Certes, le terme de “laïcité” n’a été ajouté qu’en 2016 dans la charte, mais si l’insérer n’est pas neutre, demander qu’il soit retiré ne l’est pas non plus. Les deux présidentes m’ont assuré qu’il s’agissait d’une demande locale, mais quel est le projet derrière ? Je serai très vigilante aux conclusions du congrès à ce propos. Il n’appartient pas au gouvernement d’arbitrer des débats internes aux associations, mais d’assurer la défense des valeurs républicaines au quotidien dans l’accueil et l’information donnés aux femmes. L’orientation politique du Planning lui appartient et jamais je ne remettrai en cause une subvention pour cela, mais j’exige que le cadre républicain soit respecté.
Par exemple, lorsqu’une militante du Planning de Marseille écrit, dans un commentaire sur la page Facebook de son antenne locale, que l’excision peut être un choix, cela s’appelle du relativisme culturel et nous devons le combattre. Les présidentes du Planning ont été très claires sur le fait que ces propos n’auraient pas dû être, que c’était une erreur et m’ont assuré de leur engagement sur ce sujet-là, donc je suis rassurée. Je ne crois pas que la nationalisation ou l’étatisation des indispensables actions du Planning soit une solution. Ce serait dommageable pour la structure historique tout comme pour leurs usagères, qui y trouvent une identité militante et une ouverture d’esprit précieuses. »

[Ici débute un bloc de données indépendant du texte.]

-- ===== src/Vision/Tests.antt =====
-- crates/clash-proxynet/src/vision.rs: frames of each kind, and what is not a frame.
use rust_clash.Common.{
  ℕ, zero, suc, ◌<◌, length, ◌≡◌, refl, false, none, List, [], ◌∷◌, ◌++◌, arith, All, replicate,
  length-replicate,
}
use rust_clash.Io.{Next, Turn, reads}
use rust_clash.Io.Steps.{Gives}
use rust_clash.Vision.{
  Mode, decide_loop, read_framed, finish_framing, read_raw, new_read, reader, settle,
  read_frame_header,
}
use rust_clash.Vision.Frames.{Frames, Ending, wire_of, carried}
use rust_clash.Io.Writer.{write_all}
use rust_clash.Vision.Uplink.{new_write, writer, offer, took}
use rust_clash.Vision.Tunnel.{reads_vision_wire}
use rust_clash.Vision.Stream.{reads_framed_payload}

abbrev uuid : List ℕ
uuid = replicate 16 7

abbrev fs : Frames
fs = (104 ∷ 101 ∷ [], 0 ∷ 0 ∷ 0 ∷ []) ∷ (108 ∷ [], []) ∷ []

abbrev end : Ending
end = Ending.raw_end (108 ∷ []) (0 ∷ 0 ∷ []) (111 ∷ 33 ∷ [])

abbrev turns : List Turn
turns = replicate 60 (Turn.gives 1)

calls_give : (n : ℕ) → All Gives (replicate n (Turn.gives 1))
calls_give zero = tt
calls_give (suc n) = (tt, calls_give n)

carries_hello : carried fs end ≡ 104 ∷ 101 ∷ 108 ∷ 108 ∷ 111 ∷ 33 ∷ []
carries_hello = refl

-- A header whose frame is longer than the buffer.
too_long : (read_frame_header (record new_read { buffered = 0 ∷ 32 ∷ 0 ∷ 0 ∷ 0 ∷ [] })).0 ≡ false
unfolding read_frame_header
too_long = refl

reads_framed_payload_example :
    reads
      (reader uuid (λ leftover. none))
      (2 ∷ 2 ∷ 2 ∷ 2 ∷ 2 ∷ 2 ∷ [])
      new_read
      (uuid ++ wire_of fs end)
      turns
    ≡ carried fs end
reads_framed_payload_example =
    let long = length-replicate 60 (Turn.gives 1) in
    reads_framed_payload uuid (λ leftover. none) fs end (2 ∷ 2 ∷ 2 ∷ 2 ∷ 2 ∷ 2 ∷ []) turns refl
      ((omega arith, omega arith), ((omega arith, omega arith), tt)) (omega arith, omega arith)
      (omega arith)
      (omega arith, (omega arith, (omega arith, (omega arith, (omega arith, (omega arith, tt))))))
      (omega arith) (calls_give 60) (omega (arith, long))

-- A frame with the command DIRECT over a session that has no raw stream: the bytes behind it are
-- lost.
drops_leftover :
    settle uuid
      (λ leftover. none)
      9
      (record new_read { mode = Mode.framed; buffered = 5 ∷ 6 ∷ []; command = 2 })
    ≡ Next.want 9 (record new_read { mode = Mode.raw; start = 2; command = 2 })
unfolding settle decide_loop read_framed read_frame_header finish_framing read_raw
drops_leftover = refl

abbrev calls : List Turn
calls = replicate 8194 (Turn.gives 2000)

abbrev later : List Turn
later = replicate 2000 (Turn.gives 3)

later_give : (n k : ℕ) → All Gives (replicate n (Turn.gives (suc k)))
later_give zero k = tt
later_give (suc n) k = (tt, later_give n k)

-- The first byte is that of a TLS record of application data, so that one frame of END goes out.
abbrev record_bytes : List ℕ
record_bytes = 0x17 ∷ 3 ∷ 3 ∷ []

length-record_wire :
    length (write_all (writer (λ n bound. 0) uuid) new_write record_bytes (replicate 3 calls)).1
    ≡ 921
unfolding write_all offer took
length-record_wire = refl

reads_vision_wire_example :
    ((write_all (writer (λ n bound. 0) uuid) new_write record_bytes (replicate 3 calls)).2 ≡ [])
    × (reads
          (reader uuid (λ leftover. none))
          (2 ∷ 2 ∷ 2 ∷ [])
          new_read
          (write_all (writer (λ n bound. 0) uuid) new_write record_bytes (replicate 3 calls)).1
          later
        ≡ record_bytes)
reads_vision_wire_example =
    let one : Turn = Turn.gives 2000 in
    let two : Turn = Turn.gives 3 in
    let ample : All Gives calls × (8193 < length calls) =
      (later_give 8194 1999, omega (arith, length-replicate 8194 one)) in
    reads_vision_wire (λ n bound. 0) uuid refl (λ leftover. none) record_bytes (2 ∷ 2 ∷ 2 ∷ [])
      (replicate 3 calls) later (omega arith) (omega arith) (ample, (ample, (ample, tt)))
      (omega arith, (omega arith, (omega arith, tt))) (omega arith) (later_give 2000 2)
      (omega (arith, length-record_wire, length-replicate 2000 two))
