-- ===== src/Vless.antt =====
-- crates/clash-proxynet/src/vless.rs: VlessResponseStream, which strips the header of the server's
-- answer. The inner stream is the list of the answers that its `poll_read` gives, one after the
-- other; an answer of no bytes is the end of the stream. `cx` and the messages of errors are left
-- out.
mod Due
mod Stream
mod Tests
use rust_clash.Common.{
  ℕ, ◌+◌, Bool, true, false, Option, none, some, List, [], ◌∷◌, ◌++◌, leb, ◌==◌, if◌then◌else◌,
  length, take, drop, at,
}
use Prim.Native.Nat.{min}
use rust_clash.Text.{is_empty}

-- `Poll<io::Result<()>>` with the bytes that were read.
pub data Poll : Type 0 where
  ready : List ℕ → Poll
  invalid_data : Poll
  unexpected_eof : Poll
  inner_error : Poll
  pending : Poll

-- An answer of the inner stream.
pub data Answer : Type 0 where
  bytes : List ℕ → Answer
  error : Answer
  wait : Answer

pub record VlessResponseStream : Type 0 where
  pub header_read : Bool
  pub pending : List ℕ
  pub addons_left : Option ℕ

-- The stream that `establish_vless` makes.
abbrev pub session : VlessResponseStream
session = record { header_read = false; pending = []; addons_left = none }

-- What the loop knows before it reads: the header is behind it, its version is wrong, or more
-- bytes are needed.
pub data Header : Type 0 where
  behind : VlessResponseStream → Header
  wrong : VlessResponseStream → Header
  more : VlessResponseStream → Header

-- `addons_left` is `left`.
unfoldable pub skip_addons : List ℕ → ℕ → Header
skip_addons buf left =
    if leb left (length buf)
    then Header.behind
        (record { header_read = true; pending = drop left buf; addons_left = some left })
    else Header.more (record { header_read = false; pending = buf; addons_left = some left })

-- The version and the length of the addons, when they are there.
unfoldable pub read_version : List ℕ → Header
unfolding skip_addons
read_version buf =
    if leb 2 (length buf)
    then if at buf 0 == 0
      then skip_addons (drop 2 buf) (at buf 1)
      else Header.wrong (record { header_read = false; pending = buf; addons_left = none })
    else Header.more (record { header_read = false; pending = buf; addons_left = none })

unfoldable pub parse_header : VlessResponseStream → Header
unfolding skip_addons read_version
parse_header s = if s.header_read then Header.behind s else elim s.addons_left [
  | some left ↦ skip_addons s.pending left
  | none ↦ read_version s.pending
]

-- An answer of the inner stream passed on.
unfoldable pub pass_on :
    VlessResponseStream → List Answer → Poll × VlessResponseStream × List Answer
pass_on s [] = (Poll.pending, s, [])
pass_on s (Answer.bytes bs ∷ answers) = (Poll.ready bs, s, answers)
pass_on s (Answer.error ∷ answers) = (Poll.inner_error, s, answers)
pass_on s (Answer.wait ∷ answers) = (Poll.pending, s, answers)

-- A read behind the header, into a buffer with room for `remaining` bytes.
unfoldable pub read_body :
    ℕ → VlessResponseStream → List Answer → Poll × VlessResponseStream × List Answer
unfolding pass_on is_empty
read_body remaining s answers =
    let n = min (length s.pending) remaining in
    if is_empty s.pending then pass_on s answers else (
      Poll.ready (take n s.pending),
      record {
        header_read = s.header_read;
        pending = drop n s.pending;
        addons_left = s.addons_left;
      },
      answers,
    )

abbrev pub extend : VlessResponseStream → List ℕ → VlessResponseStream
extend s bs = record {
  header_read = s.header_read;
  pending = s.pending ++ bs;
  addons_left = s.addons_left;
}

-- A read of the inner stream while the header is not complete; no answer is left at the end of
-- the list, which waits. `again` is the loop's next round.
unfoldable pub read_more :
    (VlessResponseStream → Poll × VlessResponseStream × List Answer)
    → VlessResponseStream
    → Answer
    → List Answer
    → Poll × VlessResponseStream × List Answer
read_more again s (Answer.bytes []) answers = (Poll.unexpected_eof, s, answers)
read_more again s (Answer.bytes (b ∷ bs)) answers = again (extend s (b ∷ bs))
read_more again s Answer.error answers = (Poll.inner_error, s, answers)
read_more again s Answer.wait answers = (Poll.pending, s, answers)

unfoldable pub poll_read :
    ℕ → VlessResponseStream → List Answer → Poll × VlessResponseStream × List Answer
unfolding parse_header read_body read_more
poll_read remaining s [] = elim (parse_header s) [
  | Header.behind t ↦ read_body remaining t []
  | Header.wrong t ↦ (Poll.invalid_data, t, [])
  | Header.more t ↦ (Poll.pending, t, [])
]
poll_read remaining s (answer ∷ answers) = elim (parse_header s) [
  | Header.behind t ↦ read_body remaining t (answer ∷ answers)
  | Header.wrong t ↦ (Poll.invalid_data, t, answer ∷ answers)
  | Header.more t ↦ read_more (λ u. poll_read remaining u answers) t answer answers
]

abbrev pub take_pending : VlessResponseStream → List ℕ × VlessResponseStream
take_pending s =
    (s.pending, record { header_read = s.header_read; pending = []; addons_left = s.addons_left })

![Planning familial : la laïcité est-elle en danger ? 4 portrait A. Romerio A](https://www.causette.fr/wp-content/uploads/2020/01/portrait-A.-Romerio_A-768x1024.jpg)
Alice Romerio
Sociologue*
« Le Planning est une asso de terrain. On y relève une forte hétérogénéité générationnelle et des positionnements féministes : on peut s’y revendiquer de Caroline Fourest comme de Virginie Despentes ou d’Angela Davis… Sans que ce soit clivant au quotidien. Si les militantes parlent de laïcité, c’est avant tout à l’image du reste de la société : au déjeuner ou devant un café, en réaction à l’effet de loupe médiatique. Et ces échanges reflètent les différents points de vue au sein de l’espace féministe français. Le congrès, moment très politique, polarise mécaniquement ces positions.
Avec la loi sur le voile à l’école, en 2004, le terme “laïcité” a acquis une charge politique forte. Le gros changement, c’est que les pouvoirs publics font de plus en plus de la laïcité une injonction, et elle devient omniprésente dans les appels à projets, les conventions, etc. Le financement des associations départementales dépend de ces contraintes institutionnelles. Du coup, certaines militantes s’interrogent sur l’usage et le sens de ce terme au sein de leur mouvement. Mais on reste très loin d’un “lobby intersectionnel” dans les rangs du Planning ! Rappelons que le Planning reste évidemment non confessionnel. »
* Autrice de la thèse « Le travail féministe. Enquête sur la professionnalisation du militantisme féministe au Planning familial », 2019.